Is that child a lucene id? If yes, does it include offset? Every index
segment starts at a different point, but docs are numbered from zero. So to
check them against the full index bitset, I'd be doing
Bitset.exists(indexBase + docid)

Just one thing to check

Roman
On Aug 3, 2015 1:24 AM, Stephen Weiss steve.we...@wgsn.com wrote:

 Hi everyone,

 I'm trying to write a PostFilter for Solr 5.1.0, which is meant to crawl
 through grandchild documents during a search through the parents and filter
 out documents based on statistics gathered from aggregating the
 grandchildren together.  I've been successful in getting the logic correct,
 but it does not perform so well - I'm grabbing too many documents from the
 index along the way.  I'm trying to filter out grandchild documents which
 are not relevant to the statistics I'm collecting, in order to reduce the
 number of document objects pulled from the IndexReader.

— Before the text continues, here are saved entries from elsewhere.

-- ===== src/BlockStore/Blocks.antt =====
-- Blocks written to the store are read back.
use shifupool.Base.{
  ℕ, suc, ◌+◌, ◌%◌, ◌≡◌, ◌≢◌, ◌≤◌, ◌<◌, refl, ap, ◌∙◌, Bool, true, false, not, some, List, [], ◌∷◌,
  ◌++◌, map, Bytes, bytes_eq, bytes_eq_iff, bytes_eq_refl, length-append, arith, All, length, drop,
  if◌then◌else◌, returned, ◌>>=◌, Bool-cases, inl, inr,
}
use shifupool.Words.{u32_mod, le_bytes, of_le, of_le-le_bytes4, length-le_bytes}
use shifupool.Transaction.{Transaction, TransactionInfo, IsTransactionInfo, of_transaction_info}
use shifupool.Transaction
use shifupool.Block.{Block, BlockHeader, IsBlockHeader, of_block_header}
use shifupool.Block
use shifupool.Block.Codec.{of_block_header_lem}
use shifupool.DataStore.{LevelDb, IsReliable}
use shifupool.BlockStore.{
  block_key, transaction_key, has_block, get_block_header, read_transactions,
  get_block_transactions, get_block, write_transactions, set_block,
}
use shifupool.BlockStore.Layout.{
  header_image, info_image, info_of_image, header_of_image-header_image, info_of_image-info_image,
}

-- A transaction whose members have the sizes of their types.
pub record IsStorable (t : Transaction) : Type 0 where
  pub info : IsTransactionInfo (Transaction.serialize t)
  pub from_size : length t.from ≡ 25

pub le_bytes_eq : (x y : ℕ) → x < u32_mod → y < u32_mod → le_bytes 4 x ≡ le_bytes 4 y → x ≡ y
le_bytes_eq x y hx hy e =
    omega (arith, of_le-le_bytes4 x [], of_le-le_bytes4 y [], ap (λ b. of_le 4 (b ++ [])) e)

key_index : (id i j : ℕ) → transaction_key id i ≡ transaction_key id j → le_bytes 4 i ≡ le_bytes 4 j
unfolding le_bytes
key_index id i j e = ap (drop 4) e

if_true : {A : Type 0} {b : Bool} {x : A} (y : A) → b ≡ true → (if b then x else y) ≡ x
if_true y e = rw e refl

if_false : {A : Type 0} {b : Bool} (x : A) {y : A} → b ≡ false → (if b then x else y) ≡ y
if_false x e = rw e refl

from_length : (t : Transaction) → IsStorable t → length (Transaction.serialize t).from ≡ 25
unfolding Transaction.serialize
from_length t good = good.from_size

-- The keys of two transactions of one block differ.
transaction_key_ne :
    (id i j : ℕ)
    → i < u32_mod
    → j < u32_mod
    → i ≢ j
    → bytes_eq (transaction_key id i) (transaction_key id j) ≡ false
transaction_key_ne id i j hi hj ne =
    elim (Bool-cases (bytes_eq (transaction_key id i) (transaction_key id j))) [
      | inr e ↦ e
      | inl e ↦ absurd (ne (le_bytes_eq i j hi hj (key_index id i j ((bytes_eq_iff _ _).0 e))))
    ]

-- The key of a transaction is not the key of a block.
block_key_ne : (id i : ℕ) → bytes_eq (transaction_key id i) (block_key id) ≡ false
block_key_ne id i = elim (Bool-cases (bytes_eq (transaction_key id i) (block_key id))) [
  | inr e ↦ e
  | inl e ↦ absurd (
      omega (
        arith,
        ap length ((bytes_eq_iff (transaction_key id i) (block_key id)).0 e),
        length-append (le_bytes 4 id) (le_bytes 4 i),
        length-le_bytes 4 id,
        length-le_bytes 4 i,
      ))
]

module _ {DB : Type 0} (db : LevelDb DB Bytes) (reliable : IsReliable db) where
  -- The transactions `ts` were written at the indices from `i` on, and nothing else was touched.
  pub record Wrote (id i : ℕ) (ts : List Transaction) (d : DB) : Type 0 where
    pub ended : (write_transactions db id i ts d).0 ≡ returned tt
    pub kept :
        (k : Bytes)
        → ((j : ℕ) → i ≤ j → j < i + length ts → bytes_eq (transaction_key id j) k ≡ false)
        → db.get (write_transactions db id i ts d).1 k ≡ db.get d k
    pub found :
        read_transactions db (write_transactions db id i ts d).1 id i (length ts)
        ≡ returned (map Transaction.serialize ts)

  write_transactions-step :
      (id i : ℕ) (t : Transaction) (ts : List Transaction) (d : DB)
      → write_transactions db id i (t ∷ ts) d
        ≡ write_transactions db id
            (suc i)
            ts
            (db.put d (transaction_key id i) (info_image (Transaction.serialize t))).0
  unfolding write_transactions
  write_transactions-step id i t ts d =
      rw (reliable.put_ok d (transaction_key id i) (info_image (Transaction.serialize t)), ◌>>=◌)
        refl

  read_transactions-step :
      (d : DB) (id i n : ℕ) (value : Bytes) (infos : List TransactionInfo)
      → db.get d (transaction_key id i) ≡ some value
      → read_transactions db d id (suc i) n ≡ returned infos
      → read_transactions db d id i (suc n) ≡ returned (info_of_image value ∷ infos)
  unfolding read_transactions
  read_transactions-step d id i n value infos there rest =
      rw (there, read_transactions) (rw rest refl)

  nothing-Wrote : (id i : ℕ) (d : DB) → Wrote id i [] d
  unfolding write_transactions read_transactions
  nothing-Wrote id i d = record { ended = refl; kept = λ k h. refl; found = refl }

  pub write_transactions-Wrote :
      (id i : ℕ) (ts : List Transaction) (d : DB)
      → i + length ts < u32_mod
      → All IsStorable ts
      → Wrote id i ts d
  write_transactions-Wrote id i [] d room good = nothing-Wrote id i d
  write_transactions-Wrote id i (t ∷ ts) d room good =
      let key = transaction_key id i in
      let image = info_image (Transaction.serialize t) in
      let d1 = (db.put d key image).0 in
      let rest = write_transactions-Wrote id (suc i) ts d1 (omega (arith, room)) good.1 in
      let first : db.get (write_transactions db id (suc i) ts d1).1 key ≡ some image =
        rest.kept key (λ j low high.
          transaction_key_ne id j i (omega (arith, room, high)) (omega (arith, room))
            (λ e. omega (arith, e, low)))
        ∙ reliable.get_put d key key image
        ∙ if_true _ (bytes_eq_refl key) in
      let step = write_transactions-step id i t ts d in
      record {
        ended = rw step rest.ended;
        kept = λ k h. rw step (
            rest.kept k (λ j low high. h j (omega arith) (omega (arith, high)))
            ∙ reliable.get_put d key k image
            ∙ if_false _ (h i (omega arith) (omega arith)));
        found = rw step (
            read_transactions-step _ id i (length ts) image _ first rest.found
            ∙ ap (λ x. returned (x ∷ map Transaction.serialize ts))
                (info_of_image-info_image (Transaction.serialize t) good.0.info
                  (from_length t good.0)));
      }

  -- A transaction as it is read back: the sender of a mining fee is not restored.
  unfoldable pub reread : Bytes → Transaction → Transaction
  reread stale t = record t { from = if not t.is_transaction_fee then t.from else stale }

  reread_all :
      (stale : Bytes) (ts : List Transaction)
      → map (of_transaction_info stale) (map Transaction.serialize ts) ≡ map (reread stale) ts
  unfolding reread of_transaction_info Transaction.serialize
  reread_all stale [] = refl
  reread_all stale (t ∷ ts) = ap (◌∷◌ (reread stale t)) (reread_all stale ts)

  pub set_block-step :
      (b : Block) (d : DB)
      → set_block db b d
        ≡ write_transactions db b.id 0 b.transactions
            (db.put d (block_key b.id) (header_image (Block.serialize b))).0
  unfolding set_block
  set_block-step b d =
      rw (reliable.put_ok d (block_key b.id) (header_image (Block.serialize b)), ◌>>=◌) refl

  get_block-step :
      (stale : Bytes) (d : DB) (id : ℕ) (header : BlockHeader) (infos : List TransactionInfo)
      → get_block_header db d id ≡ returned header
      → get_block_transactions db d header ≡ returned infos
      → get_block db stale d id
        ≡ returned (of_block_header header (map (of_transaction_info stale) infos))
  unfolding get_block
  get_block-step stale d id header infos there found =
      rw (there, get_block) (rw (found, get_block) refl)

  get_block_header-image :
      (d : DB) (b : Block)
      → IsBlockHeader (Block.serialize b)
      → db.get d (block_key b.id) ≡ some (header_image (Block.serialize b))
      → get_block_header db d b.id ≡ returned (Block.serialize b)
  unfolding get_block_header
  get_block_header-image d b good there =
      rw (there, get_block_header)
        (ap returned (header_of_image-header_image (Block.serialize b) good))

  has_block-there :
      (d : DB) (id : ℕ) (image : Bytes)
      → db.get d (block_key id) ≡ some image
      → has_block db d id ≡ true
  unfolding has_block
  has_block-there d id image there = rw (there, has_block) refl

  transactions-found :
      (d : DB) (b : Block)
      → length b.transactions < u32_mod
      → read_transactions db d b.id 0 (length b.transactions)
        ≡ returned (map Transaction.serialize b.transactions)
      → get_block_transactions db d (Block.serialize b)
        ≡ returned (map Transaction.serialize b.transactions)
  unfolding get_block_transactions Block.serialize
  transactions-found d b room found =
      ap (read_transactions db d b.id 0) (fits (length b.transactions) room) ∙ found
    where
      fits : (n : ℕ) → n < u32_mod → n % u32_mod ≡ n
      fits n h = omega arith

  -- The entries of a block that was written.
  pub set_block-found :
      (b : Block) (d : DB)
      → IsBlockHeader (Block.serialize b)
      → length b.transactions < u32_mod
      → All IsStorable b.transactions
      → (get_block_header db (set_block db b d).1 b.id ≡ returned (Block.serialize b))
        × (read_transactions db (set_block db b d).1 b.id 0 (length b.transactions)
            ≡ returned (map Transaction.serialize b.transactions))
  set_block-found b d header room good =
      let wrote = write_transactions-Wrote b.id 0 b.transactions _ (omega arith) good in
      let there =
        wrote.kept (block_key b.id) (λ j low high. block_key_ne b.id j)
        ∙ reliable.get_put d (block_key b.id) (block_key b.id) (header_image (Block.serialize b))
        ∙ if_true _ (bytes_eq_refl (block_key b.id)) in
      rw (set_block-step b d) (get_block_header-image _ b header there, wrote.found)

  -- Over a reliable database, setBlock of a block whose members have the sizes of their types
  -- returns, and then hasBlock holds and getBlock gives the block with its transactions in
  -- order, where only the sender of a mining fee is not restored.
  pub get_block-set_block :
      (stale : Bytes) (b : Block) (d : DB)
      → IsBlockHeader (Block.serialize b)
      → length b.transactions < u32_mod
      → All IsStorable b.transactions
      → ((set_block db b d).0 ≡ returned tt)
        × (has_block db (set_block db b d).1 b.id ≡ true)
        × (get_block db stale (set_block db b d).1 b.id
            ≡ returned (record b { transactions = map (reread stale) b.transactions }))
  get_block-set_block stale b d header room good =
      let d1 = (db.put d (block_key b.id) (header_image (Block.serialize b))).0 in
      let wrote = write_transactions-Wrote b.id 0 b.transactions d1 (omega arith) good in
      let there =
        wrote.kept (block_key b.id) (λ j low high. block_key_ne b.id j)
        ∙ reliable.get_put d (block_key b.id) (block_key b.id) (header_image (Block.serialize b))
        ∙ if_true _ (bytes_eq_refl (block_key b.id)) in
      rw (set_block-step b d) (
        wrote.ended,
        has_block-there _ b.id _ there,
        get_block-step stale _ b.id _ _ (get_block_header-image _ b header there)
              (transactions-found _ b room wrote.found)
            ∙ ap returned (
                ap (of_block_header (Block.serialize b)) (reread_all stale b.transactions)
                ∙ of_block_header_lem b (map (reread stale) b.transactions)),
      )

 I've implemented the following code in my DelegatingCollector.collect:

 if (inStockSkusBitSet == null) {
 SolrIndexSearcher SidxS = (SolrIndexSearcher) idxS; // type cast from
 IndexSearcher to expose getDocSet.
 inStockSkusDocSet = SidxS.getDocSet(inStockSkusQuery);
 inStockSkusBitDocSet = (BitDocSet) inStockSkusDocSet; // type cast from
 DocSet to expose getBits.
 inStockSkusBitSet = inStockSkusBitDocSet.getBits();
 }


 My BitDocSet reports a size which matches a standard query for the more
 limited set of grandchildren, and the FixedBitSet (inStockSkusBitSet) also
 reports this same cardinality.  Based on that fact, it seems that the
 getDocSet call itself must be working properly, and returning the right
 number of documents.  However, when I try to filter out grandchild
 documents using either BitDocSet.exists or BitSet.get (passing over any
 grandchild document which doesn't exist in the bitdocset or return true
 from the bitset), I get about 1/3 less results than I'm supposed to.   It
 seems many documents that should match the filter, are being excluded, and
 documents which should not match the filter, are being included.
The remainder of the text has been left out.